O Instituto Português do Mar e da Atmosfera prevê, a partir de domingo, a passagem de algumas frentes que vão trazer chuva ao território continental, mas sem a intensidade e o impacto registados na quarta-feira com a depressão Kristin, segundo a meteorologista Cristina Simões.
Em declarações à agência Lusa, a meteorologista do IPMA sublinha que “não será nada muito assustador, nem agressivo”, embora recomende precauções adicionais, atendendo às zonas que permanecem fragilizadas após o último temporal. “A chover novamente e com vento a adicionar ao que já aconteceu não vai facilitar a quem está a tentar resolver os problemas, os estragos”, afirmou.
De acordo com Cristina Simões, para hoje ainda está prevista alguma precipitação, enquanto o sábado deverá ser um dia de acalmia.

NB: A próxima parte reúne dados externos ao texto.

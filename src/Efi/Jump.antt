-- ===== src/Efi/Jump.antt =====
-- efi_main of boot/efi/loader.c: what holds when it jumps to the kernel, and when it returns.
use mantle_os.Base.{
  ℕ, ◌+◌, ◌%◌, ◌≤◌, ◌<◌, ◌≡◌, ◌⊎◌, inl, inr, true, false, Option, none, some, arith, u32_mod,
  Bool-cases, ltb, not, ◌==◌, ap, ◌∙◌, if◌then◌else◌,
}
use mantle_os.Memory.{done, ◌>>=◌, Returns, Returns-bind, Region, le16, le64}
use mantle_os.Console.{Console}
use mantle_os.Boot.{find_rootfs}
use mantle_os.Boot.Reads.{IsBytes}
use mantle_os.Efi.{Machine, load_kernel}
use mantle_os.Efi.Segments.{IsAllocator, Grown}
use mantle_os.Efi.Kernel.{KernelOutcome, Loaded, load_kernel-KernelOutcome}
use mantle_os.Efi.Info.{build_info}
use mantle_os.Efi.Page.{build_info_lem}
use mantle_os.Efi.Handover.{with_page, find_in, Finds, build_info-Finds}
use mantle_os.Efi.Files.{StatusCodes, ReadEnd, nothing_held, open_root, read_file}
use mantle_os.Efi.Released.{ReadOutcome, read_file-ReadOutcome}
use mantle_os.Efi.Main.{
  Firmware, EfiEnd, returned, jumped, leave_firmware, after_kernel, start_kernel, after_files,
  efi_main,
}

-- What the firmware promises: requests without a buffer fail, the files hold bytes, the kernel is
-- below 2 ^ 63 bytes, and pages are handed out as documented.
pub record IsFirmware (u : StatusCodes) (fw : Firmware) (memory : ℕ) : Type 0 where
  pub kernel_status : u.is_error fw.kernel.size_status ≡ true
  pub rootfs_status : u.is_error fw.rootfs.size_status ≡ true
  pub map_status : u.is_error fw.map_size_status ≡ true
  pub kernel_bytes : (i : ℕ) → fw.kernel.contents i < 256
  pub kernel_size : fw.kernel.file_size < 0x8000_0000_0000_0000
  pub allocator : IsAllocator fw.allocate memory
  pub page :
      (fw.info_page ≡ none)
      ⊎ ((address : ℕ) × (f : ℕ → ℕ) × (fw.info_page
            ≡ some (address, record { byte = f; size = 0x1000 }))
          × ((i : ℕ) → f i < 256)
          × (0 < address)
          × (address < u32_mod)
          × (address + 0x1000 ≤ memory))

abbrev pub kernel_image : Firmware → Region
kernel_image fw = record { byte = fw.kernel.contents; size = fw.kernel.file_size }

abbrev pub EfiOutcome : StatusCodes → Firmware → Machine → Console → EfiEnd → Type 0
EfiOutcome u fw m c (returned status) = u.is_error status ≡ true
EfiOutcome u fw m c (jumped entry address page m') =
    (fw.kernel.read_size ≡ fw.kernel.file_size)
    × (fw.rootfs.read_size ≡ fw.rootfs.file_size)
    × (u.is_error fw.exit_status ≡ false)
    × Grown m m'
    × (entry ≡ le64 fw.kernel.contents 24)
    × Loaded (kernel_image fw) (le16 fw.kernel.contents 56) m'
    × Returns (find_rootfs (with_page m'.ram address page) address c)
        (Finds (fw.rootfs.address % u32_mod) fw.rootfs.file_size)

module _ (u : StatusCodes) (fw : Firmware) (m : Machine) (c : Console)
    (good : IsFirmware u fw m.ram.size) (bytes : IsBytes m.ram)
    (small : m.ram.size ≤ 0x10_0000_0000_0000) (some_byte : 0 < fw.rootfs.file_size)
    (fits : fw.rootfs.address % u32_mod + fw.rootfs.file_size < u32_mod)
    (kernel_whole : fw.kernel.read_size ≡ fw.kernel.file_size)
    (rootfs_whole : fw.rootfs.read_size ≡ fw.rootfs.file_size) where
  leave_firmware-EfiOutcome :
      (entry address : ℕ) (page : Region) (m' : Machine)
      → (u.is_error fw.exit_status ≡ false → EfiOutcome u fw m c (jumped entry address page m'))
      → EfiOutcome u fw m c (leave_firmware u fw entry m' (some (address, page)))
  unfolding leave_firmware
  leave_firmware-EfiOutcome entry address page m' ready =
      elim (Bool-cases (not (fw.map_size_status == u.efi_buffer_too_small))) [
        | inl e ↦ rw e good.map_status
        | inr e ↦ rw e (elim (Bool-cases (u.is_error fw.map_pool)) [
          | inl e1 ↦ rw e1 e1
          | inr e1 ↦ rw e1 (elim (Bool-cases (u.is_error fw.map_status)) [
            | inl e2 ↦ rw e2 e2
            | inr e2 ↦ rw e2 (elim (Bool-cases (u.is_error fw.exit_status)) [
              | inl e3 ↦ rw e3 e3
              | inr e3 ↦ rw e3 (ready e3)
            ])
          ])
        ])
      ]

  no_page :
      fw.info_page ≡ none
      → build_info fw.info_page fw.graphics fw.rootfs.address fw.rootfs.file_size ≡ done none
  unfolding build_info
  no_page e = ap (λ p. build_info p fw.graphics fw.rootfs.address fw.rootfs.file_size) e

  -- The boot information on a page that the firmware grants.
  handed_over :
      (address entry : ℕ) (f : ℕ → ℕ) (m' : Machine)
      → fw.info_page ≡ some (address, record { byte = f; size = 0x1000 })
      → ((page : Region)
          → Returns
              (find_rootfs (with_page m'.ram address page) address c)
              (Finds (fw.rootfs.address % u32_mod) fw.rootfs.file_size)
          → EfiOutcome u fw m c (leave_firmware u fw entry m' (some (address, page))))
      → Returns
          (build_info
              (some (address, record { byte = f; size = 0x1000 }))
              fw.graphics
              fw.rootfs.address
              fw.rootfs.file_size
            >>= find_in m'.ram c)
          (Finds (fw.rootfs.address % u32_mod) fw.rootfs.file_size)
      → Returns
          (build_info fw.info_page fw.graphics fw.rootfs.address fw.rootfs.file_size >>= λ info.
            done (leave_firmware u fw entry m' info))
          (EfiOutcome u fw m c)
  handed_over address entry f m' e ready finds =
      let built = build_info_lem address f fw.graphics fw.rootfs.address fw.rootfs.file_size in
      let same =
        ap (λ p. build_info p fw.graphics fw.rootfs.address fw.rootfs.file_size) e ∙ built in
      rw same (ready _ (rw built at finds))

  after_kernel-EfiOutcome :
      (r : Machine × Option ℕ)
      → KernelOutcome (kernel_image fw) m r
      → Returns (after_kernel u fw r) (EfiOutcome u fw m c)
  unfolding after_kernel leave_firmware
  after_kernel-EfiOutcome (m', none) grown = u.load_error_lem
  after_kernel-EfiOutcome (m', some entry) (grown, at, loaded) = elim good.page [
    | inl e ↦ rw (no_page e) u.out_of_resources_lem
    | inr (address, f, e, f_bytes, some_address, low, room) ↦
        handed_over address entry f m' e
          (λ page finds.
            leave_firmware-EfiOutcome entry address page m'
              λ exited. (kernel_whole, rootfs_whole, exited, grown, at, loaded, finds))
          (build_info-Finds m'.ram address f fw.graphics fw.rootfs.address fw.rootfs.file_size c
            (grown.bytes bytes) f_bytes some_address low (rw grown.size room) some_byte fits)
  ]

  start_kernel-EfiOutcome :
      Returns (start_kernel u fw m (some (kernel_image fw))) (EfiOutcome u fw m c)
  unfolding start_kernel
  start_kernel-EfiOutcome =
      Returns-bind (load_kernel fw.allocate (kernel_image fw) m) (after_kernel u fw)
        (KernelOutcome (kernel_image fw) m) (EfiOutcome u fw m c)
        (load_kernel-KernelOutcome fw.allocate (kernel_image fw) m good.kernel_bytes
          good.kernel_size small good.allocator)
        after_kernel-EfiOutcome

module _ (u : StatusCodes) (fw : Firmware) (m : Machine) (c : Console)
    (good : IsFirmware u fw m.ram.size) (bytes : IsBytes m.ram)
    (small : m.ram.size ≤ 0x10_0000_0000_0000) (some_byte : 0 < fw.rootfs.file_size)
    (fits : fw.rootfs.address % u32_mod + fw.rootfs.file_size < u32_mod) where
  after_files-EfiOutcome :
      (kernel rootfs : ReadEnd)
      → ReadOutcome u fw.rootfs rootfs
      → fw.kernel.read_size ≡ fw.kernel.file_size
      → kernel.buffer ≡ some (kernel_image fw)
      → Returns (after_files u fw m kernel rootfs) (EfiOutcome u fw m c)
  unfolding after_files
  after_files-EfiOutcome kernel rootfs (closed, freed, read_end) kernel_whole e =
      elim (Bool-cases (u.is_error rootfs.status)) [
        | inl bad ↦ rw bad bad
        | inr read ↦ rw read (elim (Bool-cases (ltb 0xffff_ffff fw.rootfs.file_size)) [
          | inl large ↦ rw large u.load_error_lem
          | inr below ↦
              rw (below, e)
                (start_kernel-EfiOutcome u fw m c good bytes small some_byte fits kernel_whole
                  (ground (arith, read_end)))
        ])
      ]

  after_kernel_file-EfiOutcome :
      (kernel : ReadEnd)
      → ReadOutcome u fw.kernel kernel
      → Returns
          (if u.is_error kernel.status
            then done (returned kernel.status)
            else (read_file u fw.rootfs nothing_held >>= after_files u fw m kernel))
          (EfiOutcome u fw m c)
  after_kernel_file-EfiOutcome kernel (closed, freed, inr (bad, none_there, free)) = rw bad bad
  after_kernel_file-EfiOutcome kernel (closed, freed, inl (status, buffer, whole, held)) =
      let read : u.is_error kernel.status ≡ false = rw status u.success_lem in
      rw read (
        Returns-bind (read_file u fw.rootfs nothing_held) (after_files u fw m kernel)
          (ReadOutcome u fw.rootfs) (EfiOutcome u fw m c)
          (read_file-ReadOutcome u fw.rootfs good.rootfs_status)
          λ rootfs t. after_files-EfiOutcome kernel rootfs t whole buffer)

-- On a firmware that keeps its promises, in a memory of at most 2 ^ 52 bytes, with a root file
-- system of at least one byte whose addresses, cut to 32 bits, do not wrap: The loader ends, and stays within its
-- buffers. If it returns, then with an error. If it jumps to the kernel, then after both files were read whole and
-- the firmware's services were left without an error, to the entry point of the file's header, with every segment of the kernel in memory as loaded, and nothing else changed by
-- the load; and the kernel's search in the boot information, at the address that is handed over, finds
-- the root file system with its address and size.
pub efi_main-EfiOutcome :
    (u : StatusCodes) (fw : Firmware) (m : Machine) (c : Console)
    → IsFirmware u fw m.ram.size
    → IsBytes m.ram
    → m.ram.size ≤ 0x10_0000_0000_0000
    → 0 < fw.rootfs.file_size
    → fw.rootfs.address % u32_mod + fw.rootfs.file_size < u32_mod
    → Returns (efi_main u fw m) (EfiOutcome u fw m c)
unfolding efi_main
efi_main-EfiOutcome u fw m c good bytes small some_byte fits =
    elim (Bool-cases (u.is_error (open_root u fw.root))) [
      | inl bad ↦ rw bad bad
      | inr opened ↦ rw opened (
          Returns-bind (read_file u fw.kernel nothing_held) _ (ReadOutcome u fw.kernel)
            (EfiOutcome u fw m c) (read_file-ReadOutcome u fw.kernel good.kernel_status)
            (after_kernel_file-EfiOutcome u fw m c good bytes small some_byte fits))
    ]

A situação meteorológica volta a alterar-se no domingo, com a passagem de superfícies frontais que irão provocar chuva entre domingo e segunda-feira.
“No final do dia de domingo, a chuva será mais intensa no norte e centro, mas nada tão gravoso como tivemos”, explicou, acrescentando que, na segunda-feira, está também prevista queda de neve nos pontos mais altos da Serra da Estrela e vento um pouco mais intenso.
A meteorologista adiantou que, até ao momento, não foram emitidos avisos meteorológicos, referindo que, a serem necessários, serão avisos de nível amarelo. O agravamento previsto para domingo está associado a uma superfície frontal que trará chuva, passando depois a aguaceiros, acompanhados de vento mais intenso à passagem da frente.
“São situações típicas de Inverno. Numa situação normal não seria nada preocupante, nem assustador, só ter aqueles cuidados normais de quando chove”, referiu, sublinhando, no entanto, que o contexto actual agrava os riscos, uma vez que o país “está a sair de uma situação bastante grave”.
Para a próxima semana, a previsão aponta para a continuação da passagem alternada de superfícies frontais, com períodos de chuva intercalados com fases de acalmia. “O anticiclone está muito a sul e vai deixando passar todas estas perturbações do Atlântico, que conseguem atingir o continente”, explicou.